Perhaps in New Zealand you'll pay a good bit for a CD, but not in the United States and I've got hundreds of good deals via Amazon marketplace sellers. Deals that you would never get in a store. Online shopping is the way to go.

I think the biggest deal I'm the most proud of is my Gunter Wand RCA Bruckner cycle, which lists for $120+ that I got for $36!

I was looking up a Scriabin I got last month with Riccardo Muti/Philadelphia Orch. on EMI and it's the original pressing, I got it for $8 and I checked to see what the price of it was the other day and it's up to $100! I only paid $8 for it.

I mean I can't tell you how many great deals I've been able to get, but I've been very fortunate to have stumbled upon and been able to afford so many of these bargains.


----------



## handlebar (Mar 19, 2009)

CD's are my passion and I collect them still, even after having 3500+ right now. I have a wall dedicated to them and am slowly converting them to mp3 and AAC. I still have not cataloged them and need to find a good classical CD database. I found one but the price of $100 was a bit much. So I still am searching.

I used to collect sheet music but that had to stop as I was running out of room. I also like classical autographs and biographies/autobiographies of classical personalities,composers,artists,etc.

Jim


----------



## kg4fxg (May 24, 2009)

*Mi*

Sorry, but I have to ask as it is killing me. MI - have you come into some money?

This can be an expensive hobby, I have CD's and I have not yet heard everything too!


----------



## Mirror Image (Apr 20, 2009)

kg4fxg said:


> Sorry, but I have to ask as it is killing me. MI - have you come into some money?


I'll be happy to address this in a private message, but not out in the public forum.


----------



## Mirror Image (Apr 20, 2009)

handlebar said:


> CD's are my passion and I collect them still, even after having 3500+ right now.


I've probably got close to that amount now, but I'm not quite sure I'll need some help counting them.


----------



## handlebar (Mar 19, 2009)

Mirror Image said:


> I've probably got close to that amount now, but I'm not quite sure I'll need some help counting them.


I stopped counting a year ago. I'm not THAT obsessive about counting but am about collecting. Still have not scratched the surface of classical music as far as that goes. 
I adore my collection and have it insured through my renters insurance.
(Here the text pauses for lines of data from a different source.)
-- ===== src/Prelude/Text.antt =====
-- Texts: equality, the byte order of Go's `<` on strings, ASCII case folding, and substrings.
use Prim.Native.Nat.{ℕ, zero, suc, ◌+◌, ◌/◌, ◌%◌}
use Prim.Native.Char.{code}
use Prim.Native.String
use Prim.Native.String.{String}
use mathlib.Core.Bool.{Bool, true, false, ◌&&◌}
use mathlib.Core.List.{List, [], ◌∷◌, map}
use text.Mathlib.Text
use config_policy_controller.Prelude.Tests.{leb, ltb, ◌==◌, if◌then◌else◌}

abbrev pub str_eq : String → String → Bool
str_eq s t = Text.◌==◌ s t

infixr 65 ◌<>◌
-- Concatenation of texts, Go's `+` on strings.
abbrev pub ◌<>◌ : String → String → String
s <> t = String.◌++◌ s t

-- The order of code points, which for UTF-8 is the order of the bytes.
abbrev pub str_ltb : String → String → Bool
str_ltb s t = Text.is_lt (String.compare s t)

abbrev pub codes : String → List ℕ
codes String.[] = []
codes (String.◌∷◌ c s) = code c ∷ codes s

abbrev pub has_prefix : String → String → Bool
has_prefix s p = Text.starts_with s p

-- `strings.Contains`: the first position of `t` in `s`, if any, is no later than the end of `s`.
abbrev pub contains : String → String → Bool
contains s t = leb (String.find s t) (String.len s)

-- Unicode's simple folding as far as it reaches the ASCII letters: two letters beyond ASCII,
-- U+017F and U+212A, fold to "s" and "k".
abbrev pub fold_code : ℕ → ℕ
fold_code c =
    if leb b'A' c && leb c b'Z'
    then c + 32
    else if c == 0x17f
    then b's'
    else if c == 0x212a
    then b'k'
    else c

abbrev pub same_codes : List ℕ → List ℕ → Bool
same_codes [] [] = true
same_codes (a ∷ as') (b ∷ bs) = a == b && same_codes as' bs
same_codes _ _ = false

-- `strings.EqualFold(s, t)` where one of the two is ASCII.
abbrev pub equal_fold : String → String → Bool
equal_fold s t = same_codes (map fold_code (codes s)) (map fold_code (codes t))

-- `strings.Join`
abbrev pub join : String → List String → String
join sep [] = ""
join sep (x ∷ []) = x
join sep (x ∷ y ∷ xs) = x <> sep <> join sep (y ∷ xs)

abbrev pub digit : ℕ → String
digit n =
    if n == 0
    then "0"
    else if n == 1
    then "1"
    else if n == 2
    then "2"
    else if n == 3
    then "3"
    else if n == 4
    then "4"
    else if n == 5
    then "5"
    else if n == 6
    then "6"
    else if n == 7
    then "7"
    else if n == 8
    then "8"
    else "9"

-- The digits of a number, in front of those already printed; as many rounds as the number says
-- are enough, as each takes a digit away.
abbrev pub digits : ℕ → ℕ → String → String
digits zero n after = digit n <> after
digits (suc rounds) n after = elim (ltb n 10) [
  | true ↦ digit n <> after
  | false ↦ digits rounds (n / 10) (digit (n % 10) <> after)
]

-- `%d` for a natural number.
abbrev pub decimal : ℕ → String
decimal n = digits n n ""
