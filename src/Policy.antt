-- ===== src/Policy.antt =====
-- The API types of api/v1/configurationpolicy_types.go: the fields of a ConfigurationPolicy that
-- the controller's logic reads, and the tests on its string types.
pub mod Intervals
use Prim.Native.Nat.{ℕ}
use Prim.Native.String.{String}
use mathlib.Core.Bool.{Bool, true, false, ◌&&◌, ◌||◌}
use mathlib.Core.Option.{Option}
use mathlib.Core.List.{List}
use config_policy_controller.Prelude.{length, ◌==◌, is_some, not}
use config_policy_controller.Prelude.Text.{str_eq, equal_fold}

-- `RemediationAction` and `ComplianceType` are strings that the API server lets through in several
-- spellings, so they are compared with case folding.
abbrev pub RemediationAction : Type 0
RemediationAction = String

unfoldable pub is_inform : RemediationAction → Bool
is_inform ra = equal_fold ra "Inform"

unfoldable pub is_enforce : RemediationAction → Bool
is_enforce ra = equal_fold ra "Enforce"

abbrev pub ComplianceType : Type 0
ComplianceType = String

unfoldable pub is_must_have : ComplianceType → Bool
is_must_have c = equal_fold c "MustHave"

unfoldable pub is_must_only_have : ComplianceType → Bool
is_must_only_have c = equal_fold c "MustOnlyHave"

unfoldable pub is_must_not_have : ComplianceType → Bool
is_must_not_have c = equal_fold c "MustNotHave"

-- The values that the API server admits for `ComplianceState`, and the empty one.
pub data ComplianceState : Type 0 where
  compliant noncompliant unknown_compliancy terminating pending : ComplianceState

abbrev pub state_eq : ComplianceState → ComplianceState → Bool
state_eq compliant compliant = true
state_eq noncompliant noncompliant = true
state_eq unknown_compliancy unknown_compliancy = true
state_eq terminating terminating = true
state_eq pending pending = true
state_eq _ _ = false

pub record EvaluationInterval : Type 0 where
  pub compliant : String
  pub noncompliant : String

-- A label selector is opaque to this code; only whether there is one is tested.
pub record Target (LabelSelector : Type 0) : Type 0 where
  pub label_selector : Option LabelSelector
  pub includes : List String
  pub excludes : List String

unfoldable pub is_empty : {LabelSelector : Type 0} → Target LabelSelector → Bool
is_empty t = not (is_some t.label_selector) && length t.includes == 0

pub record Condition : Type 0 where
  pub kind : String
  pub status : String
  pub last_transition_time : ℕ
  pub reason : String
  pub message : String

pub record TemplateStatus : Type 0 where
  pub compliance_state : ComplianceState
  pub conditions : List Condition

pub record ObjectResource : Type 0 where
  pub kind : String
  pub api_version : String
  pub name : String
  pub namespace : String

pub record ObjectProperties : Type 0 where
  pub created_by_policy : Option Bool
  pub uid : String
  pub diff : String

pub record RelatedObject : Type 0 where
  pub properties : Option ObjectProperties
  pub object : ObjectResource
  pub compliant : String
  pub reason : String

pub record Spec (LabelSelector : Type 0) : Type 0 where
  pub remediation_action : RemediationAction
  pub evaluation_interval : EvaluationInterval
  pub prune_object_behavior : String
  pub namespace_selector : Target LabelSelector

pub record Status : Type 0 where
  pub compliance_state : ComplianceState
  pub compliancy_details : List TemplateStatus
  pub last_evaluated : String
  pub last_evaluated_generation : ℕ
  pub related_objects : List RelatedObject

-- `deletion_timestamp` keeps only whether it is set.
pub record ConfigurationPolicy (LabelSelector : Type 0) : Type 0 where
  pub name : String
  pub namespace : String
  pub uid : String
  pub generation : ℕ
  pub finalizers : List String
  pub deletion_timestamp : Bool
  pub spec : Spec LabelSelector
  pub status : Status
Speaking of CD's, i see that the Haydn Symphony collection with Dorati is now dropping in price .Just saw it for $69.

Might have to add that even though I have the Fisher and Hogwood sets.

Jim


----------



## Mirror Image (Apr 20, 2009)

handlebar said:


> I stopped counting a year ago. I'm not THAT obsessive about counting but am about collecting. Still have not scratched the surface of classical music as far as that goes.
> I adore my collection and have it insured through my renters insurance.
> 
> Speaking of CD's, i see that the Haydn Symphony collection with Dorati is now dropping in price .Just saw it for $69.
> ...


It's good to meet a like-minded collector on here. There's no telling how many rare recordings I have now. It's crazy, because one minute I can buy say a set of Rachmaninov piano concertos and then the next minute it's gone, out-of-print almost in the blink-of-an-eye.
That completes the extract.